无法抑制的来自本能的排斥与痛苦,让敬云安无形中露出了破绽,却被敏锐的猎手瞬间察觉。
于是,阎弗生就像那深林中最凶残的绞杀榕一样,毫不留情地缠绕上被绞杀者。
然后用他那庞大而遒劲的根系与枝丫,紧紧地束缚着被绞杀者的枝干,疯狂地侵略着被绞杀者的主干与经络,掠夺尽他的每一丝养分,压制着他的每一分挣扎与气力,挤压着他的每一寸生存空间。
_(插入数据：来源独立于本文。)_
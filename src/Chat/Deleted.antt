-- ===== src/Chat/Deleted.antt =====
-- A deleted session gets no more messages.
use backend_bmo_blabs.Base.{
  ℕ, ◌≤◌, ◌<◌, ◌≡◌, refl, sym, ap, subst, inl, inr, Bool, true, false, ◌&&◌, not, none, some, List,
  [], ◌∷◌, ok, ◌==◌, arith, Bool-cases, Option-cases,
}
use backend_bmo_blabs.Database.{count, count-append_one, count-mem, count-zero}
use backend_bmo_blabs.Database.Counts.{update_many-same, update_many-le, update_many-lt, count_mono}
use backend_bmo_blabs.Chat.Rows.{SessionRow, SessionStatus, MessageRow, Tables, is_open}
use backend_bmo_blabs.Chat.Lease.{
  Services, ChatJob, Fresh, claim, renew_lease, is_held, release_lease, record_failure, reply,
  store_reply, find_session, complete,
}
use backend_bmo_blabs.Chat.Sessions.{
  ChatMessageInput, FreshMessage, create_session, delete_rows, delete_session, user_message,
  store_message, accept_message,
}
use backend_bmo_blabs.Chat.Calls.{Call, step, run}
use backend_bmo_blabs.Chat.Cases.{accept_cases}

abbrev pub is_session : ℕ → SessionRow → Bool
is_session id q = q.id == id

abbrev pub is_open_session : ℕ → SessionRow → Bool
is_open_session id q = q.id == id && is_open q

abbrev pub is_in_session : ℕ → MessageRow → Bool
is_in_session id m = m.session_id == id

-- The session is in its table, is not open, and has `n` messages.
pub record IsSilent (id n : ℕ) (s : Tables) : Type 0 where
  pub exists : 0 < count (is_session id) s.sessions
  pub closed : count (is_open_session id) s.sessions ≡ 0
  pub messages : count (is_in_session id) s.messages ≡ n

module _ (env : Services) (id n : ℕ) where
  open env use {db}

  -- A session that is found open is another one.
  other_session :
      (user session : ℕ) (q : SessionRow) (s : Tables)
      → IsSilent id n s
      → find_session env user session s ≡ some q
      → (session == id) ≡ false
  unfolding find_session
  other_session user session q s v at = elim (Bool-cases (session == id)) [
    | inr other ↦ other
    | inl same ↦
        let (fits, m) = db.found _ s.sessions q at in
        let some_open = count-mem (is_open_session id) s.sessions q m (ground arith) in
        let none_open = v.closed in absurd (omega arith)
  ]

  -- A write on sessions that opens none.
  session-IsSilent :
      (s t : Tables) (test : SessionRow → Bool) (f : SessionRow → SessionRow)
      → ((q : SessionRow) → (f q).id ≡ q.id)
      → ((q : SessionRow) → is_open (f q) ≡ true → is_open q ≡ true)
      → t.sessions ≡ (db.update_many test f s.sessions).0
      → count (is_in_session id) t.messages ≡ count (is_in_session id) s.messages
      → IsSilent id n s
      → IsSilent id n t
  session-IsSilent s t test f same shut ss mm v =
      let a =
        update_many-same db (is_session id) test f s.sessions (λ q. ap (λ x. x == id) (same q)) in
      let b =
        update_many-le db (is_open_session id) test f s.sessions
          (λ q e. let k = same q in let o = shut q in ground arith) in
      let c = ap (count (is_session id)) ss in
      let d = ap (count (is_open_session id)) ss in
      let here = v.exists in
      let none_open = v.closed in
      let old = v.messages in
      record { exists = omega arith; closed = omega arith; messages = omega arith }

  create-IsSilent :
      (user : ℕ) (temporary : Bool) (i : ℕ) (s : Tables)
      → IsSilent id n s
      → IsSilent id n (create_session env user temporary i s).0
  unfolding create_session
  create-IsSilent user temporary i s v =
      elim (Option-cases (db.find_first (is_session i) s.sessions)) [
        | inr (q, taken) ↦ rw (taken, create_session) v
        | inl free ↦
            let row : SessionRow = record {
              id = i;
              user_id = user;
              temporary = temporary;
              title = none;
              status = SessionStatus.active;
              last_message_cursor = none;
              last_message_at = none;
              deleted_at = none;
            } in
            let none_there = count-zero (is_session i) s.sessions (db.missed _ _ free) in
            let far : (i == id) ≡ false = elim (Bool-cases (i == id)) [
              | inr other ↦ other
              | inl same ↦
                  let e : i ≡ id = ground arith in
                  let here = subst (λ x. 0 < count (is_session x) s.sessions) (sym e) v.exists in
                  absurd (omega arith)
            ] in
            let a = count-append_one (is_session id) s.sessions row in
            let b = count-append_one (is_open_session id) s.sessions row in
            let here = v.exists in
            let none_open = v.closed in
            rw (free, create_session)
              (rw (db.created row s.sessions)
                (record { exists = ground arith; closed = ground arith; messages = v.messages }))
      ]

  delete-IsSilent :
      (user session now : ℕ) (s : Tables)
      → IsSilent id n s
      → IsSilent id n (delete_session env user session now s).0
  unfolding delete_session delete_rows
  delete-IsSilent user session now s v = elim (Option-cases (find_session env user session s)) [
    | inl missing ↦ rw (missing, delete_session) v
    | inr (q, at) ↦
        elim (Bool-cases (
          not (
            (db.update_many (λ q. q.id == session && q.user_id == user && is_open q)
              (λ q. record q { status = SessionStatus.deleted; deleted_at = some now })
              s.sessions).1
            == 1))) [
              | inl lost ↦ rw (at, delete_session) (rw lost v)
              | inr won ↦
                  rw (at, delete_session)
                    (rw won (
                      session-IsSilent s (delete_rows env user session now s) _ _ (λ q. refl)
                        (λ q e. absurd (ground arith)) refl
                        (update_many-same db (is_in_session id) _ _ s.messages (λ m. refl)) v))
            ]
  ]

  accept-IsSilent :
      (user session : ℕ) (input : ChatMessageInput) (fresh : FreshMessage) (s : Tables)
      → IsSilent id n s
      → IsSilent id n (accept_message env user session input fresh s).0
  unfolding store_message user_message
  accept-IsSilent user session input fresh s v =
      elim (accept_cases env user session input fresh s) [
        | inl kept ↦ subst (IsSilent id n) (sym kept) v
        | inr (q, here, _, _, stored) ↦
            let far = other_session user session q s v here in
            let m = user_message env user session input fresh in
            let e = ap (count (is_in_session id)) (db.created m s.messages) in
            let more = count-append_one (is_in_session id) s.messages m in
            subst (IsSilent id n) (sym stored) (
              session-IsSilent s (store_message env user session input fresh q s) _ _ (λ q. refl)
                (λ q e. e) refl (ground arith) v)
      ]

  complete-IsSilent :
      (job : ChatJob) (t : ℕ) (text : List ℕ) (fresh : Fresh) (now : ℕ) (s : Tables)
      → IsSilent id n s
      → IsSilent id n (complete env job t text fresh now s).0
  unfolding complete store_reply reply
  complete-IsSilent job t text fresh now s v =
      elim (Option-cases (db.find_first (is_held env job t) s.operations)) [
        | inl missing ↦ rw (missing, complete) v
        | inr (o, at) ↦ elim (Option-cases (find_session env job.user_id job.session_id s)) [
          | inl closed ↦ rw (at, complete) (rw (closed) v)
          | inr (q, here) ↦
              let far = other_session job.user_id job.session_id q s v here in
              let m = reply env job text fresh in
              let e = ap (count (is_in_session id)) (db.created m s.messages) in
              let more = count-append_one (is_in_session id) s.messages m in
              rw (at, complete)
                (rw (here) (
                  session-IsSilent s (store_reply env job t text fresh now s) _ _ (λ q. refl)
                    (λ q e. e) refl (ground arith) v))
        ]
      ]

  same-IsSilent :
      (s t : Tables)
      → t.sessions ≡ s.sessions
      → t.messages ≡ s.messages
      → IsSilent id n s
      → IsSilent id n t
  same-IsSilent s t ss mm v = record {
    exists = subst (λ x. 0 < count (is_session id) x) (sym ss) v.exists;
    closed = subst (λ x. count (is_open_session id) x ≡ 0) (sym ss) v.closed;
    messages = subst (λ x. count (is_in_session id) x ≡ n) (sym mm) v.messages;
  }

  step-IsSilent : (s : Tables) (c : Call) → IsSilent id n s → IsSilent id n (step env s c)
  unfolding step claim renew_lease release_lease record_failure
  step-IsSilent s (Call.creates user temporary i) v = create-IsSilent user temporary i s v
  step-IsSilent s (Call.deletes user session now) v = delete-IsSilent user session now s v
  step-IsSilent s (Call.accepts user session input fresh) v =
      accept-IsSilent user session input fresh s v
  step-IsSilent s (Call.claims job t now) v = same-IsSilent s _ refl refl v
  step-IsSilent s (Call.renews job t now) v = same-IsSilent s _ refl refl v
  step-IsSilent s (Call.releases job t now) v = same-IsSilent s _ refl refl v
  step-IsSilent s (Call.fails job t now) v = same-IsSilent s _ refl refl v
  step-IsSilent s (Call.completes job t text fresh now) v =
      complete-IsSilent job t text fresh now s v

  run-IsSilent :
      (s : Tables) (calls : List Call) → IsSilent id n s → IsSilent id n (run env s calls)
  unfolding run
  run-IsSilent s [] v = v
  run-IsSilent s (c ∷ cs) v = run-IsSilent (step env s c) cs (step-IsSilent s c v)

module _ (env : Services) where
  open env use {db}

  deleted-IsSilent :
      (user id now : ℕ) (s : Tables)
      → count (is_session id) s.sessions ≤ 1
      → (delete_session env user id now s).1 ≡ ok true
      → IsSilent id (count (is_in_session id) s.messages) (delete_session env user id now s).0
  unfolding delete_session delete_rows find_session
  deleted-IsSilent user id now s once =
      let test : SessionRow → Bool = λ q. q.id == id && q.user_id == user && is_open q in
      let f : SessionRow → SessionRow =
        λ q. record q { status = SessionStatus.deleted; deleted_at = some now } in
      elim (Option-cases (db.find_first test s.sessions)) [
        | inl missing ↦ rw (missing, delete_session) (λ e. absurd (ground arith))
        | inr (q, at) ↦
            let (fits, m) = db.found test s.sessions q at in
            let a = update_many-same db (is_session id) test f s.sessions (λ r. refl) in
            let b =
              update_many-lt db (is_open_session id) test f s.sessions
                (λ r e. absurd (ground arith)) q m fits (ground arith) (ground arith) in
            let c = count-mem (is_session id) s.sessions q m (ground arith) in
            let d =
              count_mono (is_open_session id) (is_session id) (λ r e. ground arith) s.sessions in
            elim (Bool-cases (not ((db.update_many test f s.sessions).1 == 1))) [
              | inl lost ↦ rw (at, delete_session) (rw lost (λ e. absurd (ground arith)))
              | inr won ↦
                  rw (at, delete_session)
                    (rw won (λ e. record {
                      exists = omega arith;
                      closed = omega arith;
                      messages = update_many-same db (is_in_session id) _ _ s.messages (λ r. refl);
                    }))
            ]
      ]

  -- Once a session has been deleted, it keeps the number of its messages whatever calls follow:
  -- no message of a user and no reply of a worker is added to it. Ids of sessions are unique.
  pub deleted_stays_silent :
      (user id now : ℕ) (s : Tables)
      → count (is_session id) s.sessions ≤ 1
      → (delete_session env user id now s).1 ≡ ok true
      → (calls : List Call)
      → count (is_in_session id) (run env (delete_session env user id now s).0 calls).messages
        ≡ count (is_in_session id) s.messages
  deleted_stays_silent user id now s once gone calls =
      (run-IsSilent env id _ _ calls (deleted-IsSilent user id now s once gone)).messages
直到对方一点点失去所有的意志,丢弃最后的武器,无望地等待着被蚕食,被享用。
若凶残的捕食者般的阎弗生,便趁机扯开了敬云安掐在脖子上的手,按捺不住地在那只没戴表的腕内侧,用力吮咬了一口。
然后立马抽出别在腰上红绳,迅速而灵活地绕过他的双腕,打了个简单却如何也挣不脱的特殊结扣。
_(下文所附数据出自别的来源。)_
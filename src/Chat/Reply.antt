-- ===== src/Chat/Reply.antt =====
-- An operation is answered once.
use mathlib.Core.List.{Memᴰ}
use backend_bmo_blabs.Base.{
  ℕ, ◌+◌, ◌≤◌, ◌≡◌, refl, sym, ap, subst, inl, inr, Bool, true, false, ◌&&◌, ◌||◌, not, none, some,
  List, [], ◌∷◌, ◌==◌, is_some, arith, Bool-cases, Option-cases,
}
use backend_bmo_blabs.Database.{count, count-append_one, count-zero}
use backend_bmo_blabs.Database.Counts.{update_many-same, update_many-le, update_many-lt, count_mono}
use backend_bmo_blabs.Chat.Rows.{
  SessionRow, SessionStatus, MessageRow, OperationStatus, OperationRow, Tables, is_processing,
  is_open,
}
use backend_bmo_blabs.Chat.Lease.{
  Services, ChatJob, Fresh, claim, renew_lease, is_held, release_lease, record_failure, reply,
  store_reply, find_session, complete,
}
use backend_bmo_blabs.Chat.Sessions.{
  ChatMessageInput, FreshMessage, create_session, delete_rows, delete_session, user_message,
  new_operation, is_taken, store_message, accept_message,
}
use backend_bmo_blabs.Chat.Cases.{accept_cases}
use backend_bmo_blabs.Chat.Calls.{Call, step, run}

abbrev pub has_id : ℕ → OperationRow → Bool
has_id id o = o.id == id

abbrev pub is_at_work : ℕ → OperationRow → Bool
is_at_work id o = o.id == id && is_processing o

-- A message that answers the operation.
abbrev pub is_reply_to : ℕ → MessageRow → Bool
is_reply_to id m = elim m.reply_to [ none ↦ false | some r ↦ r == id ]

-- An operation stands once, and is at work or answered, not both.
pub record IsAnsweredOnce (s : Tables) : Type 0 where
  pub one : (id : ℕ) → count (has_id id) s.operations ≤ 1
  pub whole :
      (id : ℕ)
      → count (is_reply_to id) s.messages + count (is_at_work id) s.operations
        ≤ count (has_id id) s.operations

-- A write that keeps the id and puts nothing to work.
pub record Rests (f : OperationRow → OperationRow) : Type 0 where
  pub id : (o : OperationRow) → (f o).id ≡ o.id
  pub status : (o : OperationRow) → is_processing (f o) ≡ true → is_processing o ≡ true

has_id-same :
    (f : OperationRow → OperationRow)
    → Rests f
    → (id : ℕ) (o : OperationRow) → has_id id (f o) ≡ has_id id o
has_id-same f r id o = ap (λ x. x == id) (r.id o)

is_at_work-back :
    (f : OperationRow → OperationRow)
    → Rests f
    → (id : ℕ) (o : OperationRow) → is_at_work id (f o) ≡ true
    → is_at_work id o ≡ true
is_at_work-back f r id o e = let k = r.id o in let w = r.status o in ground arith

module _ (env : Services) where
  open env use {db}

  -- A write on operations, with messages that answer the same.
  pub rest-IsAnsweredOnce :
      (s t : Tables) (test : OperationRow → Bool) (f : OperationRow → OperationRow)
      → Rests f
      → t.operations ≡ (db.update_many test f s.operations).0
      → ((id : ℕ) → count (is_reply_to id) t.messages ≡ count (is_reply_to id) s.messages)
      → IsAnsweredOnce s
      → IsAnsweredOnce t
  rest-IsAnsweredOnce s t test f r ops replies v = record {
    one = λ id.
        let same = update_many-same db (has_id id) test f s.operations (has_id-same f r id) in
        let e = ap (count (has_id id)) ops in let old = v.one id in omega arith;
    whole = λ id.
        let same = update_many-same db (has_id id) test f s.operations (has_id-same f r id) in
        let e = ap (count (has_id id)) ops in
        let less = update_many-le db (is_at_work id) test f s.operations (is_at_work-back f r id) in
        let d = ap (count (is_at_work id)) ops in
        let old = v.whole id in let m = replies id in omega arith;
  }

  same-IsAnsweredOnce :
      (s t : Tables)
      → t.operations ≡ s.operations
      → t.messages ≡ s.messages
      → IsAnsweredOnce s
      → IsAnsweredOnce t
  same-IsAnsweredOnce s t ops msgs v = record {
    one = λ id. subst (λ o. count (has_id id) o ≤ 1) (sym ops) (v.one id);
    whole = λ id.
        let a = ap (count (has_id id)) ops in
        let b = ap (count (is_at_work id)) ops in
        let c = ap (count (is_reply_to id)) msgs in let old = v.whole id in omega arith;
  }

  create_session-IsAnsweredOnce :
      (user : ℕ) (temporary : Bool) (id : ℕ) (s : Tables)
      → IsAnsweredOnce s
      → IsAnsweredOnce (create_session env user temporary id s).0
  unfolding create_session
  create_session-IsAnsweredOnce user temporary id s v =
      elim (Bool-cases (is_some (db.find_first (λ q. q.id == id) s.sessions))) [
        | inl taken ↦ rw (taken, create_session) v
        | inr free ↦ rw (free, create_session) (same-IsAnsweredOnce s _ refl refl v)
      ]

  delete_rows-IsAnsweredOnce :
      (user session now : ℕ) (s : Tables)
      → IsAnsweredOnce s
      → IsAnsweredOnce (delete_rows env user session now s)
  unfolding delete_rows
  delete_rows-IsAnsweredOnce user session now s v =
      rest-IsAnsweredOnce s (delete_rows env user session now s) _ _
        (record { id = λ o. refl; status = λ o e. absurd (ground arith) }) refl
        (λ id. update_many-same db (is_reply_to id) _ _ s.messages (λ m. refl)) v

  delete_session-IsAnsweredOnce :
      (user session now : ℕ) (s : Tables)
      → IsAnsweredOnce s
      → IsAnsweredOnce (delete_session env user session now s).0
  unfolding delete_session
  delete_session-IsAnsweredOnce user session now s v =
      elim (Option-cases (find_session env user session s)) [
        | inl missing ↦ rw (missing, delete_session) v
        | inr (q, at) ↦
            elim (Bool-cases (
              not (
                (db.update_many (λ q. q.id == session && q.user_id == user && is_open q)
                  (λ q. record q { status = SessionStatus.deleted; deleted_at = some now })
                  s.sessions).1
                == 1))) [
                  | inl lost ↦ rw (at, delete_session) (rw lost v)
                  | inr won ↦
                      rw (at, delete_session)
                        (rw won (delete_rows-IsAnsweredOnce user session now s v))
                ]
      ]

  pub claim-IsAnsweredOnce :
      (job : ChatJob) (token now : ℕ) (s : Tables)
      → IsAnsweredOnce s
      → IsAnsweredOnce (claim env job token now s).0
  unfolding claim
  claim-IsAnsweredOnce job token now s v =
      rest-IsAnsweredOnce s (claim env job token now s).0 _ _
        (record { id = λ o. refl; status = λ o e. e }) refl (λ id. refl) v

  renew_lease-IsAnsweredOnce :
      (job : ChatJob) (token now : ℕ) (s : Tables)
      → IsAnsweredOnce s
      → IsAnsweredOnce (renew_lease env job token now s).0
  unfolding renew_lease
  renew_lease-IsAnsweredOnce job token now s v =
      rest-IsAnsweredOnce s (renew_lease env job token now s).0 _ _
        (record { id = λ o. refl; status = λ o e. e }) refl (λ id. refl) v

  release_lease-IsAnsweredOnce :
      (job : ChatJob) (token now : ℕ) (s : Tables)
      → IsAnsweredOnce s
      → IsAnsweredOnce (release_lease env job token now s)
  unfolding release_lease
  release_lease-IsAnsweredOnce job token now s v =
      rest-IsAnsweredOnce s (release_lease env job token now s) _ _
        (record { id = λ o. refl; status = λ o e. e }) refl (λ id. refl) v

  record_failure-IsAnsweredOnce :
      (job : ChatJob) (token now : ℕ) (s : Tables)
      → IsAnsweredOnce s
      → IsAnsweredOnce (record_failure env job token now s)
  unfolding record_failure
  record_failure-IsAnsweredOnce job token now s v =
      rest-IsAnsweredOnce s (record_failure env job token now s) _ _
        (record { id = λ o. refl; status = λ o e. absurd (ground arith) }) refl (λ id. refl) v

  abbrev succeed : ℕ → OperationRow → OperationRow
  succeed now o = record o {
    status = OperationStatus.succeeded;
    error_code = none;
    completed_at = some now;
    updated_at = now;
  }

  succeed-Rests : (now : ℕ) → Rests (succeed now)
  succeed-Rests now = record { id = λ o. refl; status = λ o e. absurd (ground arith) }

  -- The reply takes the place of the work.
  store_reply-IsAnsweredOnce :
      (job : ChatJob) (token : ℕ) (text : List ℕ) (fresh : Fresh) (now : ℕ) (o : OperationRow)
      (s : Tables)
      → Memᴰ o s.operations
      → is_held env job token o ≡ true
      → IsAnsweredOnce s
      → IsAnsweredOnce (store_reply env job token text fresh now s)
  unfolding store_reply is_held reply
  store_reply-IsAnsweredOnce job token text fresh now o s m held v =
      let test = is_held env job token in
      let same = λ (id : ℕ).
        update_many-same db (has_id id) test (succeed now) s.operations
          (has_id-same (succeed now) (succeed-Rests now) id) in
      let msgs = db.created (reply env job text fresh) s.messages in
      record {
        one = λ id. let e = same id in let old = v.one id in omega arith;
        whole = λ id.
            let e = same id in
            let old = v.whole id in
            let c = ap (count (is_reply_to id)) msgs in
            let more = count-append_one (is_reply_to id) s.messages (reply env job text fresh) in
            elim (Bool-cases (job.operation_id == id)) [
              | inl mine ↦
                  let less =
                    update_many-lt db (is_at_work id) test (succeed now) s.operations
                      (is_at_work-back (succeed now) (succeed-Rests now) id) o m held (ground arith)
                      (ground arith) in
                  ground arith
              | inr other ↦
                  let less =
                    update_many-le db (is_at_work id) test (succeed now) s.operations
                      (is_at_work-back (succeed now) (succeed-Rests now) id) in
                  ground arith
            ];
      }

  complete-IsAnsweredOnce :
      (job : ChatJob) (token : ℕ) (text : List ℕ) (fresh : Fresh) (now : ℕ) (s : Tables)
      → IsAnsweredOnce s
      → IsAnsweredOnce (complete env job token text fresh now s).0
  unfolding complete
  complete-IsAnsweredOnce job token text fresh now s v =
      elim (Option-cases (db.find_first (is_held env job token) s.operations)) [
        | inl missing ↦ rw (missing, complete) v
        | inr (o, at) ↦ elim (Option-cases (find_session env job.user_id job.session_id s)) [
          | inl closed ↦ rw (at, complete) (rw (closed) v)
          | inr (q, here) ↦
              let (held, m) = db.found (is_held env job token) s.operations o at in
              rw (at, complete)
                (rw (here) (store_reply-IsAnsweredOnce job token text fresh now o s m held v))
        ]
      ]

  store_message-IsAnsweredOnce :
      (user session : ℕ) (input : ChatMessageInput) (fresh : FreshMessage) (q : SessionRow)
      (s : Tables)
      → count (has_id fresh.operation_id) s.operations ≡ 0
      → IsAnsweredOnce s
      → IsAnsweredOnce (store_message env user session input fresh q s)
  unfolding store_message user_message new_operation
  store_message-IsAnsweredOnce user session input fresh q s unused v =
      let o = new_operation env user input fresh in
      let m = user_message env user session input fresh in
      let ops = db.created o s.operations in
      let msgs = db.created m s.messages in
      record {
        one = λ id.
            let c = ap (count (has_id id)) ops in
            let more = count-append_one (has_id id) s.operations o in
            let old = v.one id in
            elim (Bool-cases (fresh.operation_id == id)) [
              | inl mine ↦
                  let e : fresh.operation_id ≡ id = ground arith in
                  let none_yet = subst (λ x. count (has_id x) s.operations ≡ 0) e unused in
                  ground arith
              | inr other ↦ ground arith
            ];
        whole = λ id.
            let a = ap (count (has_id id)) ops in
            let b = ap (count (is_at_work id)) ops in
            let c = ap (count (is_reply_to id)) msgs in
            let d = count-append_one (has_id id) s.operations o in
            let e = count-append_one (is_at_work id) s.operations o in
            let f = count-append_one (is_reply_to id) s.messages m in
            let old = v.whole id in ground arith;
      }

  free_id :
      (user : ℕ) (input : ChatMessageInput) (fresh : FreshMessage) (s : Tables)
      → is_taken env user input fresh s ≡ false
      → count (has_id fresh.operation_id) s.operations ≡ 0
  unfolding is_taken
  free_id user input fresh s free =
      let clash : OperationRow → Bool = λ o.
        o.id == fresh.operation_id
        || o.user_message_id == fresh.message.id
        || o.user_id == user && o.idempotency_key == input.idempotency_key in
      let absent : is_some (db.find_first clash s.operations) ≡ false = ground arith in
      elim (Option-cases (db.find_first clash s.operations)) [
        | inl missing ↦
            let none_there = count-zero clash s.operations (db.missed clash s.operations missing) in
            let less =
              count_mono (has_id fresh.operation_id) clash (λ o e. ground arith) s.operations in
            omega arith
        | inr (o, at) ↦ absurd (ground arith)
      ]

  accept_message-IsAnsweredOnce :
      (user session : ℕ) (input : ChatMessageInput) (fresh : FreshMessage) (s : Tables)
      → IsAnsweredOnce s
      → IsAnsweredOnce (accept_message env user session input fresh s).0
  accept_message-IsAnsweredOnce user session input fresh s v =
      elim (accept_cases env user session input fresh s) [
        | inl kept ↦ subst IsAnsweredOnce (sym kept) v
        | inr (q, _, _, free, stored) ↦ subst IsAnsweredOnce (sym stored) (
            store_message-IsAnsweredOnce user session input fresh q s
              (free_id user input fresh s free) v)
      ]

  pub step-IsAnsweredOnce :
      (s : Tables) (c : Call) → IsAnsweredOnce s → IsAnsweredOnce (step env s c)
  unfolding step
  step-IsAnsweredOnce s (Call.creates user temporary id) v =
      create_session-IsAnsweredOnce user temporary id s v
  step-IsAnsweredOnce s (Call.deletes user session now) v =
      delete_session-IsAnsweredOnce user session now s v
  step-IsAnsweredOnce s (Call.accepts user session input fresh) v =
      accept_message-IsAnsweredOnce user session input fresh s v
  step-IsAnsweredOnce s (Call.claims job token now) v = claim-IsAnsweredOnce job token now s v
  step-IsAnsweredOnce s (Call.renews job token now) v = renew_lease-IsAnsweredOnce job token now s v
  step-IsAnsweredOnce s (Call.releases job token now) v =
      release_lease-IsAnsweredOnce job token now s v
  step-IsAnsweredOnce s (Call.fails job token now) v =
      record_failure-IsAnsweredOnce job token now s v
  step-IsAnsweredOnce s (Call.completes job token text fresh now) v =
      complete-IsAnsweredOnce job token text fresh now s v

  -- In any order of calls of workers and requests, every operation stands at most once in its table, and
  -- the messages that answer it and the work on it are together one at most: an operation that has
  -- been answered is no longer at work, and is not answered again.
  pub run-IsAnsweredOnce :
      (s : Tables) (calls : List Call) → IsAnsweredOnce s → IsAnsweredOnce (run env s calls)
  unfolding run
  run-IsAnsweredOnce s [] v = v
  run-IsAnsweredOnce s (c ∷ cs) v = run-IsAnsweredOnce (step env s c) cs (step-IsAnsweredOnce s c v)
看着对方如困兽般垂死挣扎时,阎弗生恶劣地勾起了嘴角,而后缓缓向下,强硬地一点点打开。
到这会儿,一览无余的时刻,阎弗生才发现,敬云安的腿是那样的好看。
笔直,修长,肌肉饱满,线条匀称,丝毫不生硬,发力时结实的性感,不发力时透着rou欲,让人爱不释手到忍不住赏了又赏,探了又探。
敬云安那不肯低头的倔强,让这场没有硝烟却热血沸腾的搏斗,更添了几分粘稠的快感。
他试图推拒却如何也挣脱不开,甚至越来越濒于沦陷与崩溃的自尊,让原本势均力敌的较量也越来越朝着不平等的方向倾斜,以至那些他无数次逃避与掩盖的潮湿的欲望,愈来愈鲜明而赤裸地暴露在无耻的狩猎者眼前。